We lost founders of both in the last couple weeks. Ritchie for C, McCarthy for
Lisp.

What's cool about the paper Paul is talking about here: if you start with car,
cdr, cons, quote, cond, atom, eq, and a notation for functions expressed as
lists, you can write an "eval" function reimplementing the language. The rest
can be built on top of it.

Graham calls this an "axiomatization of computation". The notion of a Turing
machine was already well known before McCarthy's paper, and is its own
fundamental description of computation. Then came this high-level language
which constitues a new one. It isn't "THE axiomatization of computation", just
"AN axiomatization of computation".

PG continues the story in a later essay, "Revenge of the Nerds":

"What happened next was that, some time in late 1958, Steve Russell, one of
McCarthy's grad students, looked at this definition of eval and realized that
if he translated it into machine language, the result would be a Lisp
interpreter."

"This was a big surprise at the time.

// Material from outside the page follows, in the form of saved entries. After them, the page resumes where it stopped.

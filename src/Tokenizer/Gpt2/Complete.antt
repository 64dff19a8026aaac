-- ===== src/Tokenizer/Gpt2/Complete.antt =====
-- When `encode_gpt2` of src/tokenizer/mod.rs succeeds: with a vocabulary that has the symbol of every
-- byte and of every merge.
use project_willamette.Prelude.{
  ℕ, ◌≤◌, ◌<◌, ◌≡◌, refl, sym, ap, ◌∙◌, false, some, List, [], ◌∷◌, ◌++◌, length, concat, All,
  All-of-append,
}
use mathlib.Core.Path.{subst}
use project_willamette.Gguf.Result.{ok}
use project_willamette.Tokenizer.ByteUnicode.{new, encode_byte}
use project_willamette.Tokenizer.ByteUnicode.RoundTrip.{decode_char-encode_byte}
use project_willamette.Tokenizer.Bpe.{MergeRanks, Symbol}
use project_willamette.Tokenizer.Bpe.Merged.{encode_word-Merges, encode_word-All}
use project_willamette.Tokenizer.Pretokenize.Qwen2.{Text}
use project_willamette.Tokenizer.Pretokenize.Lossless.{AreFinders, pretokenize-Chunks}
use project_willamette.Tokenizer.Vocabulary.{as_bytes, as_bytes-bytes, char_end, token_id, u32_mod}
use project_willamette.Tokenizer.Gpt2.{
  Gpt2, is_smol_lm, symbols_of, ids_of, encode_chunk, encode_chunks, encode_gpt2, decode_gpt2,
}
use project_willamette.Tokenizer.Gpt2.RoundTrip.{decode_gpt2-encode_gpt2}

-- A token of the vocabulary.
abbrev pub IsKnown : List Text → Text → Type 0
IsKnown tokens t = (id : ℕ) × (token_id tokens t ≡ some id)

-- The vocabulary has the symbol of every byte and what every merge makes.
pub record IsComplete (tokens : List Text) (ranks : MergeRanks) : Type 0 where
  pub bytes : (b c : ℕ) → b < 256 → encode_byte new b ≡ some c → IsKnown tokens (c ∷ [])
  pub merges : (s t : Symbol) (rank : ℕ) → ranks s t ≡ some rank → IsKnown tokens (s ++ t)

symbols-IsKnown :
    (tokens : List Text)
    → ((b c : ℕ) → b < 256 → encode_byte new b ≡ some c → IsKnown tokens (c ∷ []))
    → (bs : List ℕ) → All (λ b. b < 256) bs
    → (symbols : List Symbol) × (symbols_of new bs ≡ some symbols) × All (IsKnown tokens) symbols
unfolding symbols_of
symbols-IsKnown tokens known [] h = ([], refl, tt)
symbols-IsKnown tokens known (b ∷ bs) h =
    let (c, coded, _) = decode_char-encode_byte b h.0 in
    let (rest, rest_ok, rest_known) = symbols-IsKnown tokens known bs h.1 in
    ((c ∷ []) ∷ rest, rw (symbols_of, coded, rest_ok) refl, (known b c h.0 coded, rest_known))

ids_of-known :
    (backend : Gpt2) (tokens : List Text) (ts : List Symbol)
    → All (IsKnown tokens) ts
    → (ids : List ℕ) × (ids_of backend tokens ts ≡ ok ids)
unfolding ids_of
ids_of-known backend tokens [] h = ([], refl)
ids_of-known backend tokens (t ∷ ts) ((id, found), h) =
    let (rest, rest_ok) = ids_of-known backend tokens ts h in
    (id ∷ rest, rw (ids_of, found, rest_ok) refl)

module _ (backend : Gpt2) (tokens : List Text) (table : backend.byte_unicode ≡ new)
    (complete : IsComplete tokens backend.ranks) where
  encode_chunk-known :
      (chunk : Text)
      → All (λ c. c < char_end) chunk
      → (ids : List ℕ) × (encode_chunk backend tokens chunk ≡ some (ok ids))
  unfolding encode_chunk
  encode_chunk-known chunk chars =
      let (symbols, symbols_ok, known) =
        symbols-IsKnown tokens complete.bytes (as_bytes chunk) (as_bytes-bytes chunk chars) in
      let (merged, merged_ok, _, _, _) = encode_word-Merges backend.ranks symbols in
      let (ids, ids_ok) = ids_of-known backend tokens merged (
        encode_word-All (IsKnown tokens) backend.ranks complete.merges symbols merged merged_ok
          known) in
      (
        ids,
        rw (encode_chunk, ap (λ t. symbols_of t (as_bytes chunk)) table ∙ symbols_ok, merged_ok)
            (ap some ids_ok),
      )

  encode_chunks-known :
      (chunks : List Text)
      → All (λ c. c < char_end) (concat chunks)
      → (ids : List ℕ) × (encode_chunks backend tokens chunks ≡ some (ok ids))
  unfolding encode_chunks
  encode_chunks-known [] chars = ([], refl)
  encode_chunks-known (c ∷ cs) chars =
      let (c_chars, cs_chars) = All-of-append (λ c. c < char_end) c (concat cs) chars in
      let (xs, xs_ok) = encode_chunk-known c c_chars in
      let (ys, ys_ok) = encode_chunks-known cs cs_chars in
      (xs ++ ys, rw (encode_chunks, xs_ok, ys_ok) refl)

-- With a vocabulary of at most 2 ^ 32 tokens that has the symbol of every byte and what every merge
-- makes, a pre-tokenizer that is not SmolLM's, the table of `ByteUnicode::new` and expressions that find
-- matches in order, none of them empty: `encode_gpt2` gives ids for every text of characters, without an
-- error or a panic, and the ids decode to the bytes of the text.
pub encode_gpt2-IsComplete :
    (backend : Gpt2) (tokens : List Text) (text : Text)
    → IsComplete tokens backend.ranks
    → length tokens ≤ u32_mod
    → is_smol_lm backend.pretokenizer ≡ false
    → backend.byte_unicode ≡ new
    → AreFinders backend.regexes
    → All (λ c. c < char_end) text
    → (ids : List ℕ) × (encode_gpt2 backend tokens text ≡ some (ok ids))
      × (decode_gpt2 backend.byte_unicode tokens ids ≡ ok (as_bytes text))
unfolding encode_gpt2
encode_gpt2-IsComplete backend tokens text complete fit plain table finds chars =
    let (chunks, chunks_ok, spelled, _) =
      pretokenize-Chunks backend.regexes backend.is_whitespace backend.pretokenizer text finds in
    let (ids, ids_ok) =
      encode_chunks-known backend tokens table complete chunks
        (subst (All (λ c. c < char_end)) (sym spelled) chars) in
    let encoded : encode_gpt2 backend tokens text ≡ some (ok ids) =
      rw (encode_gpt2, chunks_ok) ids_ok in
    (
      ids,
      encoded,
      decode_gpt2-encode_gpt2 backend tokens text ids fit plain table finds chars encoded,
    )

Here is what McCarthy said about it
later in an interview:"

"'Steve Russell said, look, why don't I program this eval..., and I said to
him, ho, ho, you're confusing theory with practice, this eval is intended for
reading, not for computing. But he went ahead and did it. That is, he compiled
the eval in my paper into [IBM] 704 machine code, fixing bugs, and then
advertised this as a Lisp interpreter, which it certainly was. So at that
point Lisp had essentially the form that it has today....'"

"Suddenly, in a matter of weeks I think, McCarthy found his theoretical
exercise transformed into an actual programming language-- and a more powerful
one than he had intended."

<http://www.paulgraham.com/icad.html>

Pretty cool story :)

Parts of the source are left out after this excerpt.